With transparent pricing that often undercuts the cost of medicines purchased through health insurance, Mark Cuban Cost Plus Drug Co. has seen major growth and success through its online pharmacy and has recently launched a partnership to enter the employer market. The company is also working on a Dallas factory that will complete the final step in the manufacturing process to deliver drugs to patients—some of whom may not get their medicine otherwise because they suffer from conditions with patient pools too small to be profitable for larger drug companies to produce them. The factory will also focus on pediatric cancer medicines.

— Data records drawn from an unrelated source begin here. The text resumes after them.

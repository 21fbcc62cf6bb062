-- ===== src/Correction.antt =====
-- src/sddiar/correction.py: confirmed speaker labels for the UNKNOWN spans of a session.
pub mod Pieces
pub mod Relabel
pub mod Fixed
mod Tests
use Prim.Native.String.{String, compare as compare_str, ◌++◌ as ◌<>◌}
use text.Mathlib.Text.{◌==◌ as str_eq, is_lt, is_le}
use sddiar.Base.{
  ℕ, Bool, true, false, not, ◌&&◌, ◌||◌, Option, none, some, List, [], ◌∷◌, ◌++◌, Result, ok, err,
  contract_validation, correction_conflict, ◌>>=◌, ◌>>◌, raise_if, ltb, ◌==◌, if◌then◌else◌, any,
  keep_if,
}
use sddiar.Base.Int.{ℤ, pos, pos_part, ltb_ℤ, leb_ℤ, max_ℤ, min_ℤ}
use sddiar.Base.Sort.{sort}
use sddiar.Spans.{
  Speaker, unknown, is_supported, is_session_speaker, same_speaker, DiarizationSpan,
  diarization_span,
}

pub record HumanSpeakerCorrection : Type 0 where
  pub correction_id : String
  pub source_start_us : ℤ
  pub source_end_us : ℤ
  pub confirmed_speaker_id : Speaker
  pub reviewer_evidence_id : String

-- `HumanSpeakerCorrection(...)` with `__post_init__`
unfoldable pub human_speaker_correction :
    String → ℤ → ℤ → Speaker → String → Result HumanSpeakerCorrection
human_speaker_correction id start end speaker evidence = do
  raise_if (str_eq id "" || str_eq evidence "") contract_validation
  raise_if (not (is_session_speaker speaker)) contract_validation
  raise_if (leb_ℤ end start) contract_validation
  ok (record {
    correction_id = id;
    source_start_us = start;
    source_end_us = end;
    confirmed_speaker_id = speaker;
    reviewer_evidence_id = evidence;
  })

-- `_overlap`
abbrev pub overlap_test : ℤ → ℤ → ℤ → ℤ → Bool
overlap_test left_start left_end right_start right_end =
    ltb_ℤ (max_ℤ left_start right_start) (min_ℤ left_end right_end)

abbrev pub affects : HumanSpeakerCorrection → DiarizationSpan → Bool
affects c s = overlap_test (pos s.start_us) (pos s.end_us) c.source_start_us c.source_end_us

-- `max(span.start_us, ...)` and `min(span.end_us, ...)`, which are natural numbers for an
-- affected span.
abbrev pub first_us : HumanSpeakerCorrection → DiarizationSpan → ℕ
first_us c s = pos_part (max_ℤ (pos s.start_us) c.source_start_us)

abbrev pub last_us : HumanSpeakerCorrection → DiarizationSpan → ℕ
last_us c s = pos_part (min_ℤ (pos s.end_us) c.source_end_us)

-- The rest of an affected span before the confirmed part.
unfoldable pub before_piece :
    HumanSpeakerCorrection → DiarizationSpan → Result (List DiarizationSpan)
before_piece c s =
    let piece =
      diarization_span (s.span_id <> ":before") s.start_us (first_us c s) unknown
        s.attribution_status s.evidence_ids s.reason_codes in
    if ltb s.start_us (first_us c s) then piece >>= (λ p. ok (p ∷ [])) else ok []

unfoldable pub human_piece : HumanSpeakerCorrection → DiarizationSpan → Result DiarizationSpan
human_piece c s =
    diarization_span (s.span_id <> (":human:" <> c.correction_id)) (first_us c s) (last_us c s)
      c.confirmed_speaker_id "HUMAN_CONFIRMED" (s.evidence_ids ++ (c.reviewer_evidence_id ∷ []))
      (s.reason_codes ++ ("HUMAN_CONFIRMED_SEGMENT" ∷ []))

unfoldable pub after_piece :
    HumanSpeakerCorrection → DiarizationSpan → Result (List DiarizationSpan)
after_piece c s =
    let piece =
      diarization_span (s.span_id <> ":after") (last_us c s) s.end_us unknown s.attribution_status
        s.evidence_ids s.reason_codes in
    if ltb (last_us c s) s.end_us then piece >>= (λ p. ok (p ∷ [])) else ok []

unfoldable pub pieces_of : HumanSpeakerCorrection → DiarizationSpan → Result (List DiarizationSpan)
pieces_of c s = do
  before ← before_piece c s
  human ← human_piece c s
  after ← after_piece c s
  ok (before ++ human ∷ after)

-- One round of the loop over `current`.
unfoldable pub replace_span :
    HumanSpeakerCorrection → DiarizationSpan → Result (List DiarizationSpan)
replace_span c s = if affects c s then pieces_of c s else ok (s ∷ [])

unfoldable pub replace_all :
    HumanSpeakerCorrection → List DiarizationSpan → Result (List DiarizationSpan)
replace_all c [] = ok []
replace_all c (s ∷ spans) = do
  pieces ← replace_span c s
  later ← replace_all c spans
  ok (pieces ++ later)

-- The key `(span.start_us, span.end_us, span.span_id)`.
abbrev pub le_span : DiarizationSpan → DiarizationSpan → Bool
le_span x y =
    ltb x.start_us y.start_us
    || (x.start_us == y.start_us
        && (ltb x.end_us y.end_us
            || (x.end_us == y.end_us && is_le (compare_str x.span_id y.span_id))))

-- The key `(item.source_start_us, item.source_end_us, item.correction_id)`.
abbrev pub le_correction : HumanSpeakerCorrection → HumanSpeakerCorrection → Bool
le_correction x y =
    ltb_ℤ x.source_start_us y.source_start_us
    || (leb_ℤ x.source_start_us y.source_start_us
        && (ltb_ℤ x.source_end_us y.source_end_us
            || (leb_ℤ x.source_end_us y.source_end_us
                && is_le (compare_str x.correction_id y.correction_id))))

abbrev pub is_unknown : DiarizationSpan → Bool
is_unknown s = same_speaker s.speaker_id unknown

-- The body of the loop over the corrections.
unfoldable pub apply_one :
    HumanSpeakerCorrection → List DiarizationSpan → Result (List DiarizationSpan)
apply_one c current = do
  raise_if (not (any (affects c) current)) correction_conflict
  raise_if (any (λ s. affects c s && not (is_unknown s)) current) correction_conflict
  replacement ← replace_all c current
  ok (sort le_span replacement)

unfoldable pub apply_all :
    List HumanSpeakerCorrection → List DiarizationSpan → Result (List DiarizationSpan)
apply_all [] current = ok current
apply_all (c ∷ corrections) current = apply_one c current >>= (λ next. apply_all corrections next)

-- Equal triples `(span.start_us, span.end_us, span.speaker_id)`.
abbrev pub same_fixed : DiarizationSpan → DiarizationSpan → Bool
same_fixed x y =
    x.start_us == y.start_us && (x.end_us == y.end_us && same_speaker x.speaker_id y.speaker_id)

-- Whether an element of `original_non_unknown` is not in `output_non_unknown`.
abbrev pub is_lost : List DiarizationSpan → DiarizationSpan → Bool
is_lost output x =
    not (is_unknown x) && not (any (λ y. not (is_unknown y) && same_fixed x y) output)

unfoldable pub check_reevaluated :
    List DiarizationSpan → List DiarizationSpan → Result (List DiarizationSpan)
check_reevaluated current reevaluated = do
  raise_if (any (is_lost reevaluated) current) correction_conflict
  raise_if (any (λ s. not (is_supported s.speaker_id)) reevaluated) correction_conflict
  ok reevaluated

-- The callback is the caller's.
unfoldable pub reevaluate :
    Option (List DiarizationSpan → List DiarizationSpan)
    → List DiarizationSpan
    → Result (List DiarizationSpan)
reevaluate none current = ok current
reevaluate (some callback) current = check_reevaluated current (callback current)

unfoldable pub apply_session_corrections :
    List DiarizationSpan
    → List HumanSpeakerCorrection
    → Option (List DiarizationSpan → List DiarizationSpan)
    → Result (List DiarizationSpan)
apply_session_corrections spans corrections reevaluate_unknowns = do
  current ← apply_all (sort le_correction corrections) (sort le_span spans)
  reevaluate reevaluate_unknowns current
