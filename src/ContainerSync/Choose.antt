-- ===== src/ContainerSync/Choose.antt =====
-- pkg/containersync/worker.go, the second loop of `processOnce`: which targets get a new container,
-- and from which image.
use deviced.Base.{
  ℕ, ◌%◌, List, [], ◌∷◌, ◌++◌, Option, none, some, Bool, true, false, not, ◌&&◌, Bytes, codes, beq,
  ltb, ◌==◌, if◌then◌else◌, join, itoa, length,
}
use deviced.Base.Assoc.{lookup, lookup_or, insert}
use deviced.Docker.{ContainerCreateConfig}
use deviced.Config.Target.{TargetContainer, container_version_score}
use deviced.ContainerSync.State.{RunningContainer, Plan, same_container}
use deviced.ContainerSync.Match.{deviced_id_label}

-- The zero value of `RunningContainer`, which a lookup of a missing key gives.
unfoldable pub zero_container : RunningContainer
zero_container = record {
  deviced_id = [];
  image = [];
  image_tag = [];
  score = 0;
  api_container = none;
}

-- The highest score that a target without `useAnyVersion` takes.
abbrev pub score_limit : ℕ
score_limit = 1000

module _ (goarch : Bytes) where
  -- The three tests by which the loop over the images skips a tag.
  unfoldable pub is_acceptable : TargetContainer → Bool → RunningContainer → Bytes → Bool
  is_acceptable tctr ok current avail =
      let score = container_version_score goarch tctr avail in
      if not tctr.use_any_version && ltb score_limit score
      then false
      else if ok && beq avail current.image_tag
      then false
      else if ok && ltb current.score score
      then false
      else true

  unfoldable pub candidate : TargetContainer → Bytes → RunningContainer
  candidate tctr avail = record {
    deviced_id = tctr.id;
    image = tctr.image;
    image_tag = avail;
    score = container_version_score goarch tctr avail;
    api_container = none;
  }

  -- The loop over the available images; the Boolean is `okn`.
  unfoldable pub select_image :
      TargetContainer
      → Bool
      → RunningContainer
      → List Bytes
      → RunningContainer
      → Bool
      → RunningContainer × Bool
  select_image tctr ok current [] selected okn = (selected, okn)
  select_image tctr ok current (avail ∷ images) selected okn =
      let acceptable = is_acceptable tctr ok current avail in
      select_image tctr ok current images (if acceptable then candidate tctr avail else selected)
        (if acceptable then true else okn)

-- `rand n` is the result of the n-th call of `rand.Int`.
module _ (goarch : Bytes) (rand : ℕ → ℕ) where
  unfoldable pub create_config : TargetContainer → RunningContainer → ℕ → ContainerCreateConfig
  create_config tctr selected n = record {
    name = join b'_' (codes "devd" ∷ tctr.id ∷ itoa (rand n % 100) ∷ []);
    config = record (tctr.docker_config) {
      labels = insert deviced_id_label tctr.id tctr.docker_config.labels;
      image = join b':' (selected.image ∷ selected.image_tag ∷ []);
    };
    host_config = tctr.docker_host_config;
    networking_config = tctr.docker_networking_config;
  }

  -- The end of the loop's body: the new container of the target.
  unfoldable pub schedule_create : TargetContainer → RunningContainer → Plan → Plan
  schedule_create tctr selected plan = record plan {
    to_create = plan.to_create ++ (create_config tctr selected (length plan.to_create) ∷ []);
    running = insert tctr.id selected plan.running;
  }

  -- `containersToDelete[currentCtr.ApiContainer.ID] = …`; `none` is the panic at a nil pointer.
  unfoldable pub replace_container :
      TargetContainer → RunningContainer → RunningContainer → Plan → Option Plan
  replace_container tctr current selected plan = elim current.api_container [
    | none ↦ none
    | some api ↦ some (
        schedule_create tctr selected
          (record plan { to_delete = insert api.id tctr.lifecycle_hooks.on_stop plan.to_delete }))
  ]

  -- What follows the loop over the images, for a target that has a container (`ok`).
  unfoldable pub settle_running :
      TargetContainer → RunningContainer → RunningContainer → Plan → Option Plan
  settle_running tctr current selected plan =
      if same_container current selected
      then some plan
      else replace_container tctr current selected plan

  -- The same for a target that has none.
  unfoldable pub settle_missing : TargetContainer → RunningContainer × Bool → Plan → Plan
  settle_missing tctr (selected, okn) plan =
      if not okn then plan else schedule_create tctr selected plan

  -- The body of the loop over the targets, where the target has a container.
  unfoldable pub decide_running :
      List (Bytes × List Bytes) → TargetContainer → RunningContainer → Plan → Option Plan
  decide_running available tctr current plan =
      let images = lookup_or tctr.image [] available in
      if current.score == 0
      then some plan
      else if length images == 0
      then some plan
      else settle_running tctr current
          (select_image goarch tctr true current images current false).0 plan

  -- The same, where it has none.
  unfoldable pub decide_missing : List (Bytes × List Bytes) → TargetContainer → Plan → Plan
  decide_missing available tctr plan =
      let images = lookup_or tctr.image [] available in
      if length images == 0
      then plan
      else settle_missing tctr
          (select_image goarch tctr false zero_container images zero_container false) plan

  unfoldable pub decide_target : List (Bytes × List Bytes) → TargetContainer → Plan → Option Plan
  decide_target available tctr plan = elim (lookup tctr.id plan.running) [
    | none ↦ some (decide_missing available tctr plan)
    | some current ↦ decide_running available tctr current plan
  ]

  unfoldable pub decide_targets :
      List (Bytes × List Bytes) → List TargetContainer → Plan → Option Plan
  decide_targets available [] plan = some plan
  decide_targets available (tctr ∷ targets) plan = elim (decide_target available tctr plan) [
    | none ↦ none
    | some next ↦ decide_targets available targets next
  ]
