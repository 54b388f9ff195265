-- ===== src/ContainerSync/Selection.antt =====
-- Which image the second loop of `processOnce` takes for a target, and when it replaces a container.
-- About pkg/containersync/worker.go.
use deviced.Base.{
  ℕ, ◌≤◌, ◌<◌, List, [], ◌∷◌, ◌++◌, some, Bool, true, false, Bytes, beq_refl, beq→eq, eq→beq, ◌≡◌,
  ◌≢◌, ◌⊎◌, refl, arith, Bool-cases, Option-cases, inl, inr, All, Elem, ◌==◌, length,
}
use deviced.Base.Assoc.{lookup_or, insert}
use deviced.Docker.{ApiContainer}
use deviced.Config.Target.{TargetContainer, container_version_score}
use deviced.ContainerSync.State.{RunningContainer, Plan, same_container}
use deviced.ContainerSync.Choose.{
  score_limit, is_acceptable, candidate, select_image, schedule_create, replace_container,
  settle_running, decide_running, decide_missing, zero_container, settle_missing,
}

module _ (goarch : Bytes) (tctr : TargetContainer) (ok : Bool) (current : RunningContainer) where
  pub select_image_rest :
      (ys : List Bytes) (selected : RunningContainer) (okn : Bool)
      → All (λ y. is_acceptable goarch tctr ok current y ≡ false) ys
      → select_image goarch tctr ok current ys selected okn ≡ (selected, okn)
  unfolding select_image
  select_image_rest [] selected okn h = refl
  select_image_rest (y ∷ ys) selected okn (n, h) = rw n (select_image_rest ys selected okn h)

  -- The loop over the available images ends with the last acceptable tag in Docker's order. Whatever
  -- came before it is dropped, also where its score was better.
  pub select_image_last :
      (xs ys : List Bytes) (avail : Bytes) (selected : RunningContainer) (okn : Bool)
      → is_acceptable goarch tctr ok current avail ≡ true
      → All (λ y. is_acceptable goarch tctr ok current y ≡ false) ys
      → select_image goarch tctr ok current (xs ++ (avail ∷ ys)) selected okn
        ≡ (candidate goarch tctr avail, true)
  unfolding select_image
  select_image_last [] ys avail selected okn a h =
      rw (a, select_image) (select_image_rest ys (candidate goarch tctr avail) true h)
  select_image_last (x ∷ xs) ys avail selected okn a h = select_image_last xs ys avail _ _ a h

  select_image_cases :
      (xs : List Bytes) (selected : RunningContainer) (okn : Bool)
      → ((select_image goarch tctr ok current xs selected okn ≡ (selected, okn))
          × All (λ y. is_acceptable goarch tctr ok current y ≡ false) xs)
        ⊎ ((avail : Bytes) × Elem avail xs
            × (is_acceptable goarch tctr ok current avail ≡ true)
            × (select_image goarch tctr ok current xs selected okn
                ≡ (candidate goarch tctr avail, true)))
  unfolding select_image
  select_image_cases [] selected okn = inl (refl, tt)
  select_image_cases (x ∷ xs) selected okn =
      elim (Bool-cases (is_acceptable goarch tctr ok current x)) [
        | inl a ↦ elim (select_image_cases xs (candidate goarch tctr x) true) [
          | inl (e, _) ↦ inr (x, inl refl, a, rw a e)
          | inr (y, m, b, e) ↦ inr (y, inr m, b, rw a e)
        ]
        | inr n ↦ elim (select_image_cases xs selected okn) [
          | inl (e, rest) ↦ inl (rw n e, (n, rest))
          | inr (y, m, b, e) ↦ inr (y, inr m, b, rw n e)
        ]
      ]

-- What an acceptable tag is for a target with a container.
abbrev pub IsUpgrade : Bytes → TargetContainer → RunningContainer → Bytes → Type 0
IsUpgrade goarch tctr current avail =
    (container_version_score goarch tctr avail ≤ current.score)
    × (avail ≢ current.image_tag)
    × ((tctr.use_any_version ≡ true) ⊎ (container_version_score goarch tctr avail ≤ score_limit))

module _ (goarch : Bytes) (rand : ℕ → ℕ) (tctr : TargetContainer) where
  is_acceptable-IsUpgrade :
      (current : RunningContainer) (avail : Bytes)
      → is_acceptable goarch tctr true current avail ≡ true
      → IsUpgrade goarch tctr current avail
  unfolding is_acceptable
  is_acceptable-IsUpgrade current avail h =
      (ground arith, λ e. ground (arith, eq→beq avail current.image_tag e), ground arith)

  pub same_container_refl : (rc : RunningContainer) → same_container rc rc ≡ true
  same_container_refl rc = elim (Option-cases rc.api_container) [
    | inl e ↦ ground (arith, beq_refl rc.deviced_id, beq_refl rc.image, beq_refl rc.image_tag)
    | inr (a, e) ↦
        ground
          (arith, beq_refl rc.deviced_id, beq_refl rc.image, beq_refl rc.image_tag, beq_refl a.id)
  ]

  same_container_tag :
      (a b : RunningContainer) → b.image_tag ≢ a.image_tag → same_container a b ≡ false
  same_container_tag a b ne = ground (arith, beq→eq a.image_tag b.image_tag)

  All-of_none :
      (ok : Bool) (current : RunningContainer) (xs : List Bytes)
      → (length xs == 0) ≡ true
      → All (λ y. is_acceptable goarch tctr ok current y ≡ false) xs
  All-of_none ok current [] h = tt
  All-of_none ok current (x ∷ xs) h = absurd (ground arith)

  -- The plan of a target whose container `api` is replaced by a new one with the tag `avail`.
  unfoldable pub replacement : Plan → ApiContainer → Bytes → Plan
  replacement plan api avail =
      schedule_create goarch rand tctr (candidate goarch tctr avail)
        (record plan { to_delete = insert api.id tctr.lifecycle_hooks.on_stop plan.to_delete })

  -- A target that has a container keeps it, with nothing scheduled, and then its score is 0 or no
  -- available tag is acceptable; or it is replaced: then its score was not 0, the container is scheduled for deletion with the target's stop hooks, and one new
  -- container is scheduled, whose tag is available, is another one, is scored no worse, and is
  -- allowed for the target.
  pub decide_running_cases :
      (available : List (Bytes × List Bytes)) (plan : Plan) (current : RunningContainer)
      (api : ApiContainer)
      → current.api_container ≡ some api
      → ((decide_running goarch rand available tctr current plan ≡ some plan)
          × ((current.score ≡ 0)
              ⊎ All
                  (λ y. is_acceptable goarch tctr true current y ≡ false)
                  (lookup_or tctr.image [] available)))
        ⊎ ((avail : Bytes) × Elem avail (lookup_or tctr.image [] available)
            × IsUpgrade goarch tctr current avail
            × (0 < current.score)
            × (decide_running goarch rand available tctr current plan
                ≡ some (replacement plan api avail)))
  unfolding decide_running settle_running replace_container replacement
  decide_running_cases available plan current api listed =
      let images = lookup_or tctr.image [] available in
      elim (Bool-cases (current.score == 0)) [
        | inl z ↦ inl (rw z, inl (ground arith))
        | inr z ↦ elim (Bool-cases (length images == 0)) [
          | inl l ↦ inl (rw (z, l), inr (All-of_none true current images l))
          | inr l ↦ elim (select_image_cases goarch tctr true current images current false) [
            | inl (e, rest) ↦ inl (rw (z, l, e, same_container_refl current), inr rest)
            | inr (avail, m, a, e) ↦
                let up = is_acceptable-IsUpgrade current avail a in
                inr (
                  avail,
                  m,
                  up,
                  ground arith,
                  rw (
                    z,
                    l,
                    e,
                    same_container_tag current (candidate goarch tctr avail)
                        (unfold candidate in up.1),
                    listed,
                    replace_container,
                    e,
                  ),
                )
          ]
        ]
      ]

  -- A target without a container gets one from an available tag that is allowed for it, or nothing is
  -- scheduled, and then no available tag is allowed.
  pub decide_missing_cases :
      (available : List (Bytes × List Bytes)) (plan : Plan)
      → ((decide_missing goarch rand available tctr plan ≡ plan)
          × All
              (λ y. is_acceptable goarch tctr false zero_container y ≡ false)
              (lookup_or tctr.image [] available))
        ⊎ ((avail : Bytes) × Elem avail (lookup_or tctr.image [] available)
            × (is_acceptable goarch tctr false zero_container avail ≡ true)
            × (decide_missing goarch rand available tctr plan
                ≡ schedule_create goarch rand tctr (candidate goarch tctr avail) plan))
  unfolding decide_missing settle_missing
  decide_missing_cases available plan =
      let images = lookup_or tctr.image [] available in
      elim (Bool-cases (length images == 0)) [
        | inl l ↦ inl (rw l, All-of_none false zero_container images l)
        | inr l ↦
            elim (select_image_cases goarch tctr false zero_container images zero_container false) [
              | inl (e, rest) ↦ inl (rw (l, e), rest)
              | inr (avail, m, a, e) ↦ inr (avail, m, a, rw (l, e))
            ]
      ]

Finalists: Catapult Health, The Heart Center at Children’s Health, Parkland Center for Clinical Innovation, Recuro Health

Innovation in Manufacturing and Consumer Goods

Winner: Celanese Corp.

Celanese has been a leader in pushing ESG initiatives across its global platform and also developed an “Accelerating Solutions Through Chemistry” initiative that involved everything from refillable contraceptive implants to producing products from biowaste sources. A recent acquisition of DuPont M&M will further accelerate its engineered materials achievements. And, the company has developed several people-related innovations, including its hybrid work plan, called WorkABILITY.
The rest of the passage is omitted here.